And the Birds Rained Down
And the Birds Rained Down • Book 1
by Jocelyne Saucier, Rhonda Mullins
Why You'll Love This
Three elderly recluses hiding in the Canadian wilderness — and the two women who find them — make 160 pages feel like a lifetime quietly, beautifully lived.
- Great if you want: quiet, unconventional fiction about solitude, freedom, and late-life dignity
- The experience: meditative and unhurried — more mood and memory than plot
- The writing: Saucier layers multiple voices with restraint, letting silences carry weight
- Skip if: you need momentum — almost nothing happens by conventional standards
About This Book
Deep in the forests of Northern Ontario, two old men have made a quiet pact with the wilderness — to live out their remaining years entirely on their own terms, invisible to a world that has long moved on without them. When two women unexpectedly enter their hidden existence, the fragile equilibrium they've built begins to shift. One woman carries a camera and a question about the past; the other carries decades of institutional silence and a fierce, late-blooming hunger for freedom. What unfolds is a meditation on what it means to choose your own ending — and whether it's ever too late to begin.

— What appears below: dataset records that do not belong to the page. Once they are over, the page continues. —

-- ===== src/Stage1/Flatten.antt =====
-- src/stage1.rs, `flatten_bits`: the positions of the ones of a word, eight at a time.
use simdjson_rs.Prelude.{
  ℕ, zero, suc, ◌+◌, ◌-◌, ◌*◌, ◌/◌, ◌%◌, ◌^◌, ◌≤◌, ◌<◌, Bool, true, false, ◌&&◌, List, [], ◌∷◌,
  length, ◌≡◌, ◌≢◌, refl, sym, ap, ◌∙◌, subst, arith, bit_and, ◌==◌, if◌then◌else◌, Bool-cases, inl,
  inr,
}
use simdjson_rs.Prelude.Bits.{bit_and_step, zero-bit_and}
use simdjson_rs.ParseStr.{trailingzeroes}
use simdjson_rs.Stage1.{pack, u64_mod, hamming, tzcnt}
use simdjson_rs.Stage1.Words.{bit, zip, bit_and-pack, pack-lt}

-- The number of ones, and the place of the lowest.
abbrev ones_in : List Bool → ℕ
ones_in [] = 0
ones_in (x ∷ a) = bit x + ones_in a

abbrev pub lowest : List Bool → ℕ
lowest [] = 0
lowest (x ∷ a) = if x then 0 else suc (lowest a)

abbrev pub clear_lowest : List Bool → List Bool
clear_lowest [] = []
clear_lowest (x ∷ a) = if x then (false ∷ a) else (false ∷ clear_lowest a)

-- The positions of the ones, where the first bit stands at `i`.
abbrev pub positions : ℕ → List Bool → List ℕ
positions i [] = []
positions i (x ∷ a) = if x then (i ∷ positions (suc i) a) else positions (suc i) a

zip_self : (a : List Bool) → zip ◌&&◌ a a ≡ a
zip_self [] = refl
zip_self (true ∷ a) = ap (λ r. true ∷ r) (zip_self a)
zip_self (false ∷ a) = ap (λ r. false ∷ r) (zip_self a)

bit_and_self : (a : List Bool) → bit_and (pack a) (pack a) ≡ pack a
bit_and_self a = bit_and-pack a a refl ∙ ap pack (zip_self a)

-- `bits & bits.wrapping_sub(1)`.
halve_less : (n : ℕ) → n ≢ 0 → ((2 * n - 1) % 2 ≡ 1) × ((2 * n - 1) / 2 ≡ n - 1)
halve_less n h = (omega arith, omega arith)

clear_lowest-pack : (a : List Bool) → bit_and (pack a) (pack a - 1) ≡ pack (clear_lowest a)
clear_lowest-pack [] = zero-bit_and 0
clear_lowest-pack (true ∷ a) =
    let l : (1 + 2 * pack a) % 2 ≡ 1 = omega arith in
    let m : (1 + 2 * pack a) / 2 ≡ pack a = omega arith in
    let l' : (1 + 2 * pack a - 1) % 2 ≡ 0 = omega arith in
    let m' : (1 + 2 * pack a - 1) / 2 ≡ pack a = omega arith in
    bit_and_step (1 + 2 * pack a) (1 + 2 * pack a - 1) ∙ rw (l, m, l', m', bit_and_self a) refl
clear_lowest-pack (false ∷ a) = elim (Bool-cases (pack a == 0)) [
  | inl e ↦
      let n : pack a ≡ 0 = ground arith in
      let z : pack (clear_lowest a) ≡ 0 =
        sym (clear_lowest-pack a) ∙ ap (λ n. bit_and n (n - 1)) n ∙ zero-bit_and 0 in
      ap (λ n. bit_and (0 + 2 * n) (0 + 2 * n - 1)) n ∙ (zero-bit_and 0 ∙ omega (arith, z))
  | inr e ↦
      let n : pack a ≢ 0 = λ z. ground arith in
      let l : (0 + 2 * pack a) % 2 ≡ 0 = omega arith in
      let m : (0 + 2 * pack a) / 2 ≡ pack a = omega arith in
      let l' : (0 + 2 * pack a - 1) % 2 ≡ 1 = omega arith in
      let m' : (0 + 2 * pack a - 1) / 2 ≡ pack a - 1 = omega arith in
      bit_and_step (0 + 2 * pack a) (0 + 2 * pack a - 1)
      ∙ rw (l, m, l', m', clear_lowest-pack a) refl
]

pub length-clear_lowest : (a : List Bool) → length (clear_lowest a) ≡ length a
length-clear_lowest [] = refl
length-clear_lowest (true ∷ a) = refl
length-clear_lowest (false ∷ a) = ap suc (length-clear_lowest a)

pub less_word :
    (a : List Bool)
    → length a ≡ 64
    → bit_and (pack a) ((pack a + u64_mod - 1) % u64_mod) ≡ pack (clear_lowest a)
less_word a h = elim (Bool-cases (pack a == 0)) [
  | inl e ↦
      let n : pack a ≡ 0 = ground arith in
      ap (λ x. bit_and x ((x + u64_mod - 1) % u64_mod)) n
      ∙ (zero-bit_and (u64_mod - 1)
          ∙ (sym (ap (λ x. bit_and x (x - 1)) n ∙ zero-bit_and 0) ∙ clear_lowest-pack a))
  | inr e ↦
      let n : pack a ≢ 0 = λ z. ground arith in
      let l : pack a < 2 ^ 64 = subst (λ w. pack a < 2 ^ w) h (pack-lt a) in
      let m : (pack a + u64_mod - 1) % u64_mod ≡ pack a - 1 = omega arith in
      rw m (clear_lowest-pack a)
]

trailingzeroes-lowest :
    (w : ℕ) (a : List Bool)
    → length a ≤ w
    → pack a ≢ 0
    → (trailingzeroes w (pack a) ≡ lowest a) × (lowest a < length a)
unfolding trailingzeroes
trailingzeroes-lowest w [] h n = absurd (n refl)
trailingzeroes-lowest zero (x ∷ a) h n = absurd (omega arith)
trailingzeroes-lowest (suc w) (true ∷ a) h n =
    let l : (1 + 2 * pack a) % 2 ≡ 1 = omega arith in (rw l refl, omega arith)
trailingzeroes-lowest (suc w) (false ∷ a) h n =
    let l : (0 + 2 * pack a) % 2 ≡ 0 = omega arith in
    let m : (0 + 2 * pack a) / 2 ≡ pack a = omega arith in
    let (e, i) = trailingzeroes-lowest w a (omega arith) (λ z. n (omega arith)) in
    (rw (l, m) (ap suc e), omega arith)

pub tzcnt-lowest :
    (a : List Bool) → length a ≡ 64 → pack a ≢ 0 → (tzcnt (pack a) ≡ lowest a) × (lowest a < 64)
tzcnt-lowest a h n =
    let (e, i) = trailingzeroes-lowest 64 a (omega arith) n in (ground (arith, e), omega arith)

pub positions-zero : (i : ℕ) (a : List Bool) → pack a ≡ 0 → positions i a ≡ []
positions-zero i [] h = refl
positions-zero i (true ∷ a) h = absurd (omega arith)
positions-zero i (false ∷ a) h = positions-zero (suc i) a (omega arith)

pub positions-lowest :
    (i : ℕ) (a : List Bool)
    → pack a ≢ 0
    → positions i a ≡ (i + lowest a) ∷ positions i (clear_lowest a)
positions-lowest i [] n = absurd (n refl)
positions-lowest i (true ∷ a) n = ap (λ j. j ∷ positions (suc i) a) (omega arith)
positions-lowest i (false ∷ a) n =
    positions-lowest (suc i) a (λ z. n (omega arith))
    ∙ ap (λ j. j ∷ positions (suc i) (clear_lowest a)) (omega arith)

pub length-positions :
    (i : ℕ) (a : List Bool) → length (positions i a) ≡ hamming (length a) (pack a)
unfolding hamming
length-positions i [] = refl
length-positions i (true ∷ a) =
    let l : (1 + 2 * pack a) % 2 ≡ 1 = omega arith in
    let m : (1 + 2 * pack a) / 2 ≡ pack a = omega arith in
    rw (l, m) (omega (arith, length-positions (suc i) a))
length-positions i (false ∷ a) =
    let l : (0 + 2 * pack a) % 2 ≡ 0 = omega arith in
    let m : (0 + 2 * pack a) / 2 ≡ pack a = omega arith in
    rw (l, m) (omega (arith, length-positions (suc i) a))

pub positions-at_most : (i : ℕ) (a : List Bool) → length (positions i a) ≤ length a
positions-at_most i [] = omega arith
positions-at_most i (true ∷ a) = omega (arith, positions-at_most (suc i) a)
positions-at_most i (false ∷ a) = omega (arith, positions-at_most (suc i) a)

pub place :
    (first t : ℕ)
    → first + 64 ≤ 2 ^ 32
    → t < 64
    → (((first + 64) % 2 ^ 32 + 2 ^ 32 - 64) % 2 ^ 32 + t) % 2 ^ 32 ≡ first + t
place first t h l = omega arith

Saucier's prose, rendered with quiet elegance in Rhonda Mullins's translation, moves at the unhurried pace of the forest itself, accumulating detail and feeling until the weight of it quietly astonishes. At just 160 pages, the novel is precise without being sparse — each character arrives fully formed, each sentence earns its place. The structure circles gently through perspectives and timelines, creating something closer to memory than conventional narrative. Readers who appreciate fiction that trusts its own stillness will find this book difficult to put down, despite its apparent unhurry.